I've extracted out the script and the minimal code. As following,
$ cat kernel.ld
ENTRY(_start)
SECTIONS
{
/* must == KERNLINK */
. = 0xC0008000;
.text : AT(0x8000) {
*(.text)
}
.bss : {
*(.bss)
}
.data : {
*(.data)
}
.rodata : {
*(.rodata)
}
}
-
$ cat source/entry.S
#include "mem.h"
.globl _start
_start = V2P(entry)
.globl entry
entry:
loop$:
b loop$
(The "b loop$" won't work since it's generated as "b·c0008000" instead of using a relative branch. But never mind that part, the problem is it never reaches entry).
$ cat source/mem.h
#define KERNLOAD 0x8000
#define KERNBASE 0xC0000000
#define KERNLINK (KERNBASE+KERNLOAD)
#define V2P(va) ((va) - KERNBASE)
Those are the only three source files. There should be nothing interesting in the Makefile, but the output from make is,
$ make
arm-none-eabi-gcc -g -Wall -c -o build/entry.o source/entry.S
arm-none-eabi-ld --no-undefined -T kernel.ld build/entry.o -Map kernel.map -o build/output.elf
arm-none-eabi-objcopy build/output.elf -O binary kernel.img
And objdump,
$ arm-none-eabi-objdump -h build/output.elf
build/output.elf: file format elf32-littlearm
Sections:
Idx Name Size VMA LMA File off Algn
0 .text 00000004 c0008000 00008000 00008000 2**0
CONTENTS, ALLOC, LOAD, READONLY, CODE
1 .ARM.attributes 00000014 00000000 00000000 00008004 2**0
CONTENTS, READONLY
2 .debug_line 0000003c 00000000 00000000 00008018 2**0
CONTENTS, READONLY, DEBUGGING
3 .debug_info 00000054 00000000 00000000 00008054 2**0
CONTENTS, READONLY, DEBUGGING
4 .debug_abbrev 00000014 00000000 00000000 000080a8 2**0
CONTENTS, READONLY, DEBUGGING
5 .debug_aranges 00000020 00000000 00000000 000080c0 2**3
CONTENTS, READONLY, DEBUGGING
I start to believe I overlooked some obvious yet precious details.
==== update ====
As noted in my own answer below, the confusion is caused by debugging in qemu. The breakpoints are set by virtual addresses. "b entry" doesn't work, because gdb is thinking about virtual address while MMU hasn't been enabled and we're running by physical address.

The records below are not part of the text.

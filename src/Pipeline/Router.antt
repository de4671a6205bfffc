-- ===== src/Pipeline/Router.antt =====
-- internal/pipeline/router.go: the action for a flow, with its process known or unknown.
-- The reason of a decision is a constructor of `Reason` in place of its text. A rule's CIDR is parsed.
pub mod Laws
use tachyon_core.Base.{
  ℕ, Bool, true, false, List, [], ◌∷◌, Option, none, some, if◌then◌else◌, ◌||◌, ◌&&◌, not, ◌==◌,
  ◌/◌, ◌^◌, ◌-◌, suc,
}
use tachyon_core.Base.Bytes.{Bytes, get_be}
use tachyon_core.Base.Ints.{ℤ, lt_int}
use tachyon_core.Base.Sorting.{stable_sort, any_where}
use tachyon_core.Base.Text.{same_text, is_empty, to_lower, equal_fold, trim_space}
use tachyon_core.Pidtrack.Flow.{ProcessInfo, FlowKey, Transport, tcp, udp, Ip, no_ip, v4, v6}
use tachyon_core.Routing.Engine.{
  Engine, decide as engine_decide, EngineDecision, UdpPolicy, TcpPolicy, udp_unset, udp_auto,
  udp_tgp, udp_direct, udp_block, udp_other, tcp_unset, tcp_auto, tcp_direct, tcp_block, tcp_other,
  Kind, default_kind, game_kind, requires_attribution,
}

pub data Action : Type 0 where
  tgp direct drop : Action

abbrev pub is_tgp : Action → Bool
is_tgp tgp = true
is_tgp direct = false
is_tgp drop = false

-- A rule's CIDR: none, a text that is no prefix, or an address with its number of bits.
pub data Cidr : Type 0 where
  no_cidr : Cidr
  bad_cidr : Cidr
  prefix : Ip → ℕ → Cidr

pub record RouteRule : Type 0 where
  pub priority : ℤ
  pub process_name : Bytes
  pub domain : Bytes
  pub cidr : Cidr
  pub geo_ip_country : Bytes
  pub protocol : Bytes
  pub action : Bytes

pub record IndexedRule : Type 0 where
  pub index : ℕ
  pub rule : RouteRule

pub record Router : Type 0 where
  pub rules : List IndexedRule
  pub default_action : Action
  pub game_engine : Engine

pub data Reason : Type 0 where
  game_reason : EngineDecision → Reason
  rule_matched default_action_reason fallback_blocked independent_decision : Reason

pub record Decision : Type 0 where
  pub action : Action
  pub reason : Reason
  pub rule_index : ℕ
  pub process_known : Bool
  pub process : Option ProcessInfo
  pub flow : FlowKey

-- "tgp"
abbrev tgp_word : Bytes
tgp_word = 116 ∷ 103 ∷ 112 ∷ []

-- "direct"
abbrev direct_word : Bytes
direct_word = 100 ∷ 105 ∷ 114 ∷ 101 ∷ 99 ∷ 116 ∷ []

-- "drop"
abbrev drop_word : Bytes
drop_word = 100 ∷ 114 ∷ 111 ∷ 112 ∷ []

-- "block"
abbrev block_word : Bytes
block_word = 98 ∷ 108 ∷ 111 ∷ 99 ∷ 107 ∷ []

-- "tcp"
abbrev tcp_word : Bytes
tcp_word = 116 ∷ 99 ∷ 112 ∷ []

-- "udp"
abbrev udp_word : Bytes
udp_word = 117 ∷ 100 ∷ 112 ∷ []

unfoldable pub normalize_action : Bytes → Action → Action
normalize_action raw fallback =
    let word = to_lower (trim_space raw) in
    if same_text word tgp_word
    then tgp
    else if same_text word direct_word
    then direct
    else if same_text word drop_word || same_text word block_word
    then drop
    else fallback

abbrev pub higher_priority : IndexedRule → IndexedRule → Bool
higher_priority r s = lt_int s.rule.priority r.rule.priority

abbrev number_rules : ℕ → List RouteRule → List IndexedRule
number_rules i [] = []
number_rules i (r ∷ rs) = record { index = i; rule = r } ∷ number_rules (suc i) rs

pub new_router : List RouteRule → Bytes → Engine → Router
new_router rules raw_default engine = record {
  rules = stable_sort higher_priority (number_rules 0 rules);
  default_action = normalize_action raw_default direct;
  game_engine = engine;
}

pub set_game_engine : Engine → Router → Router
set_game_engine engine r = record r { game_engine = engine }

-- The leading bits of two addresses of one family agree.
same_bits : ℕ → Bytes → Bytes → ℕ → Bool
same_bits width xs ys bits = get_be xs / 2 ^ (width - bits) == get_be ys / 2 ^ (width - bits)

-- netip.Prefix.Contains, false for a text that is no prefix.
pub cidr_contains : Cidr → Ip → Bool
unfolding same_bits
cidr_contains no_cidr ip = false
cidr_contains bad_cidr ip = false
cidr_contains (prefix no_ip bits) ip = false
cidr_contains (prefix (v4 a b c d) bits) no_ip = false
cidr_contains (prefix (v4 a b c d) bits) (v4 e f g h) =
    same_bits 32 (a ∷ b ∷ c ∷ d ∷ []) (e ∷ f ∷ g ∷ h ∷ []) bits
cidr_contains (prefix (v4 a b c d) bits) (v6 ys) = false
cidr_contains (prefix (v6 xs) bits) no_ip = false
cidr_contains (prefix (v6 xs) bits) (v4 e f g h) = false
cidr_contains (prefix (v6 xs) bits) (v6 ys) = same_bits 128 xs ys bits

abbrev pub transport_text : Transport → Bytes
transport_text tcp = tcp_word
transport_text udp = udp_word

abbrev pub has_cidr : Cidr → Bool
has_cidr no_cidr = false
has_cidr bad_cidr = true
has_cidr (prefix ip bits) = true

-- `process_name` is that of the process, empty if it is unknown.
pub route_rule_matches : RouteRule → FlowKey → Bytes → Bool
route_rule_matches rule flow process_name =
    if not (is_empty rule.protocol)
      && not (equal_fold rule.protocol (transport_text flow.transport))
    then false
    else if not (is_empty rule.process_name) && not (equal_fold rule.process_name process_name)
    then false
    else if has_cidr rule.cidr && not (cidr_contains rule.cidr flow.remote_ip)
    then false
    else if not (is_empty rule.domain)
    then false
    else if not (is_empty rule.geo_ip_country)
    then false
    else (not (is_empty rule.protocol) || not (is_empty rule.process_name) || has_cidr rule.cidr)

-- `none` is the empty action.
unfoldable pub action_from_policies : Transport → EngineDecision → Option Action
action_from_policies udp d = elim d.udp_policy [
  | udp_tgp ↦ some tgp
  | udp_direct ↦ some direct
  | udp_block ↦ some drop
  | udp_unset ↦ none
  | udp_auto ↦ none
  | udp_other ↦ none
]
action_from_policies tcp d = elim d.tcp_policy [
  | tcp_direct ↦ some direct
  | tcp_block ↦ some drop
  | tcp_unset ↦ none
  | tcp_auto ↦ none
  | tcp_other ↦ none
]

abbrev default_decision : Router → FlowKey → ProcessInfo → Decision
default_decision r flow proc = record {
  action = r.default_action;
  reason = default_action_reason;
  rule_index = 0;
  process_known = true;
  process = some proc;
  flow = flow;
}

-- The loop of Decide over the rules, by priority.
decide_by_rules : Router → FlowKey → ProcessInfo → List IndexedRule → Decision
decide_by_rules r flow proc [] = default_decision r flow proc
decide_by_rules r flow proc (x ∷ xs) =
    let rest = decide_by_rules r flow proc xs in
    if route_rule_matches x.rule flow proc.name
    then record {
      action = normalize_action x.rule.action r.default_action;
      reason = rule_matched;
      rule_index = x.index;
      process_known = true;
      process = some proc;
      flow = flow;
    }
    else rest

unfoldable pub game_action : FlowKey → EngineDecision → Option Action
game_action flow game = elim game.kind [
  | default_kind ↦ none
  | game_kind ↦ action_from_policies flow.transport game
]

unfoldable pub decide : Router → FlowKey → ProcessInfo → Decision
unfolding game_action decide_by_rules
decide r flow proc =
    let game = engine_decide r.game_engine proc flow in
    elim (game_action flow game) [
      | some action ↦ record {
        action = action;
        reason = game_reason game;
        rule_index = 0;
        process_known = true;
        process = some proc;
        flow = flow;
      }
      | none ↦ decide_by_rules r flow proc r.rules
    ]

-- Whether a rule sends a named process through TGP.
names_tgp_process : Action → IndexedRule → Bool
names_tgp_process default_action x =
    not (is_empty (trim_space x.rule.process_name))
    && is_tgp (normalize_action x.rule.action default_action)

pub requires_process : Router → Bool
unfolding names_tgp_process
requires_process r =
    requires_attribution r.game_engine || any_where (names_tgp_process r.default_action) r.rules

-- TGP is not an answer for an unknown process where a policy for TGP depends on the process.
guard_tgp : Bool → Action → Action
guard_tgp sensitive action = if is_tgp action && sensitive then drop else action

abbrev is_drop : Action → Bool
is_drop tgp = false
is_drop direct = false
is_drop drop = true

unknown_process_reason : Action → Bool → Reason
unknown_process_reason action sensitive =
    if is_drop action && sensitive then fallback_blocked else independent_decision

unknown_decision : FlowKey → Bool → Action → ℕ → Decision
unfolding guard_tgp unknown_process_reason
unknown_decision flow sensitive raw index =
    let action = guard_tgp sensitive raw in
    record {
      action = action;
      reason = unknown_process_reason action sensitive;
      rule_index = index;
      process_known = false;
      process = none;
      flow = flow;
    }

-- The second loop of DecideUnknownProcess and what follows it.
unknown_by_rules : Router → FlowKey → Bool → List IndexedRule → Decision
unfolding unknown_decision
unknown_by_rules r flow sensitive [] = unknown_decision flow sensitive r.default_action 0
unknown_by_rules r flow sensitive (x ∷ xs) =
    let rest = unknown_by_rules r flow sensitive xs in
    if not (is_empty (trim_space x.rule.process_name)) || not (route_rule_matches x.rule flow [])
    then rest
    else unknown_decision flow sensitive (normalize_action x.rule.action r.default_action) x.index

unfoldable pub decide_unknown_process : Router → FlowKey → Decision
unfolding unknown_by_rules requires_process
decide_unknown_process r flow = unknown_by_rules r flow (requires_process r) r.rules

So before MMU is enabled, we have to use "b *0x8000". This sets a breakpoint that's correctly hit. GDB seems still confused though, since it doesn't show any debugging info (no source code, like 0x00008004 in ?? ()). That's not a big issue since I have the listing produced by "objdump -D".
After MMU is enabled and we branch to main, gdb works perfectly. The crux is to jump to a virtual address, using an absolute branch. b/bl would issue relative jumps. So I use ldr pc =main. bx works too.

Finally solved it...
The code and the linkscript don't have problems. It's just that debugging doesn't seem to work on the qemu I used. It does work when VMA==LMA, but in this case the kernel already runs and qemu doesn't know about it. Or, the breakpoint is lost and never caught by gdb.
Anyway, by starting afresh and adding bits one by one, I have it working on my rpi (real hardware), and then it works on qemu too (gdb still won't catch the breakpoint).
So my question should really be how to debug such a scenario using qemu/gdb.
(My original problem is solved by changing the "domain" permission to "manager", instead of using "client". Yeah I know this is probably temporary and I should set a variable elsewhere).